American Institutes for Research to Lead Federal Research Network on Pandemic Learning Loss and Recovery

Arlington, Va. – The American Institutes for Research (AIR) is leading a federally funded network that will conduct and share research that addresses learning setbacks resulting from the COVID-19 pandemic. AIR has been awarded a three-year, $3 million grant from the Institute of Education Sciences (IES), the research, evaluation and statistics arm of the U.S. Department of Education, to lead the PreK–12 Research on Education Strategies to Advance Recovery and Turnaround (RESTART) Network.
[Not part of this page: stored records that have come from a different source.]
-- ===== src/Netip.antt =====
-- What the source uses of Go's net/netip. An IPv4 address is its 32-bit value and an IPv6 address
-- the two 64-bit halves of its value, both in network order; zones are left out.
use enimul.Common.{
  ℕ, ◌+◌, ◌*◌, ◌/◌, ◌%◌, ◌^◌, Bool, true, false, ◌&&◌, Option, none, some, leb, ◌==◌, ◌-◌,
  if◌then◌else◌, Bytes,
}

-- `invalid` is the zero `netip.Addr`.
pub data Addr : Type 0 where
  invalid : Addr
  v4 : ℕ → Addr
  v6 : ℕ → ℕ → Addr

unfoldable pub is4 : Addr → Bool
is4 (v4 a) = true
is4 _ = false

unfoldable pub is6 : Addr → Bool
is6 (v6 hi lo) = true
is6 _ = false

-- `Is4In6`
unfoldable pub is_4in6 : ℕ → ℕ → Bool
is_4in6 hi lo = hi == 0 && lo / 2 ^ 32 == 0xffff

unfoldable pub unmap : Addr → Addr
unfolding is_4in6
unmap (v6 hi lo) = if is_4in6 hi lo then v4 (lo % 2 ^ 32) else v6 hi lo
unmap invalid = invalid
unmap (v4 a) = v4 a

-- `As4`; `none` is its panic.
unfoldable pub as4 : Addr → Option ℕ
unfolding is_4in6
as4 (v4 a) = some a
as4 (v6 hi lo) = if is_4in6 hi lo then some (lo % 2 ^ 32) else none
as4 invalid = none

pub record Uint128 : Type 0 where
  pub hi : ℕ
  pub lo : ℕ

-- `As16`; an IPv4 address is mapped into ::ffff:0:0/96.
unfoldable pub as16 : Addr → Uint128
as16 (v6 hi lo) = record { hi = hi; lo = lo }
as16 (v4 a) = record { hi = 0; lo = 0xffff * 2 ^ 32 + a }
as16 invalid = record { hi = 0; lo = 0 }

-- `netip.Prefix`: an address with the length of its mask.
pub record Prefix : Type 0 where
  pub addr : Addr
  pub bits : ℕ

-- `netip.ParseAddr` and `netip.ParsePrefix`; `none` is an error.
pub record Parsers : Type 0 where
  pub parse_addr : Bytes → Option Addr
  pub parse_prefix : Bytes → Option Prefix

-- The number that the bits of an IPv6 address stand for.
abbrev pub value6 : ℕ → ℕ → ℕ
value6 hi lo = hi * 2 ^ 64 + lo

-- `Addr.Next`: the invalid address behind the last one of a family.
unfoldable pub next : Addr → Addr
next invalid = invalid
next (v4 a) = if leb (2 ^ 32) (a + 1) then invalid else v4 (a + 1)
next (v6 hi lo) =
    if leb (2 ^ 128) (value6 hi lo + 1)
    then invalid
    else v6 ((value6 hi lo + 1) / 2 ^ 64) ((value6 hi lo + 1) % 2 ^ 64)

-- `Addr.IsValid`
abbrev pub is_valid : Addr → Bool
is_valid invalid = false
is_valid _ = true

abbrev contains_addr : Addr → ℕ → Addr → Bool
contains_addr (v4 p) bits (v4 a) = a / 2 ^ (32 - bits) == p / 2 ^ (32 - bits)
contains_addr (v6 hi lo) bits (v6 hi' lo') =
    value6 hi' lo' / 2 ^ (128 - bits) == value6 hi lo / 2 ^ (128 - bits)
contains_addr _ bits _ = false

-- `Prefix.Contains`: the families and the first bits agree.
unfoldable pub contains : Prefix → Addr → Bool
contains p ip = contains_addr p.addr p.bits ip

-- `==` on addresses.
abbrev pub addr_eq : Addr → Addr → Bool
addr_eq invalid invalid = true
addr_eq (v4 a) (v4 b) = a == b
addr_eq (v6 hi lo) (v6 hi' lo') = hi == hi' && lo == lo'
addr_eq _ _ = false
The RESTART Network will support research to address learning losses many students encountered during the COVID-19 pandemic; identify, explore and evaluate state and local programs and policies designed to accelerate learning and recovery; and provide evidence to state and local agencies to improve learner engagement and achievement through recovery activities. AIR Managing Researcher Susan Bowles Therriault will serve as the network’s director. As the network lead, AIR will coordinate activities between research teams and provide national leadership on learning acceleration and recovery related to the pandemic. This will include:

  • Revealing emerging issues and priorities in the pandemic learning recovery landscape by assessing state and local education agencies’ needs and sharing them with the research community;
  • Identifying, sharing and amplifying evidence-based strategies that respond to the needs of the field and providing guidance, tools and connections that will help schools and districts understand and use these strategies; and
  • Building a coherent and coordinated research community focused on pandemic recovery research that fosters collaboration through training, convenings and other connections.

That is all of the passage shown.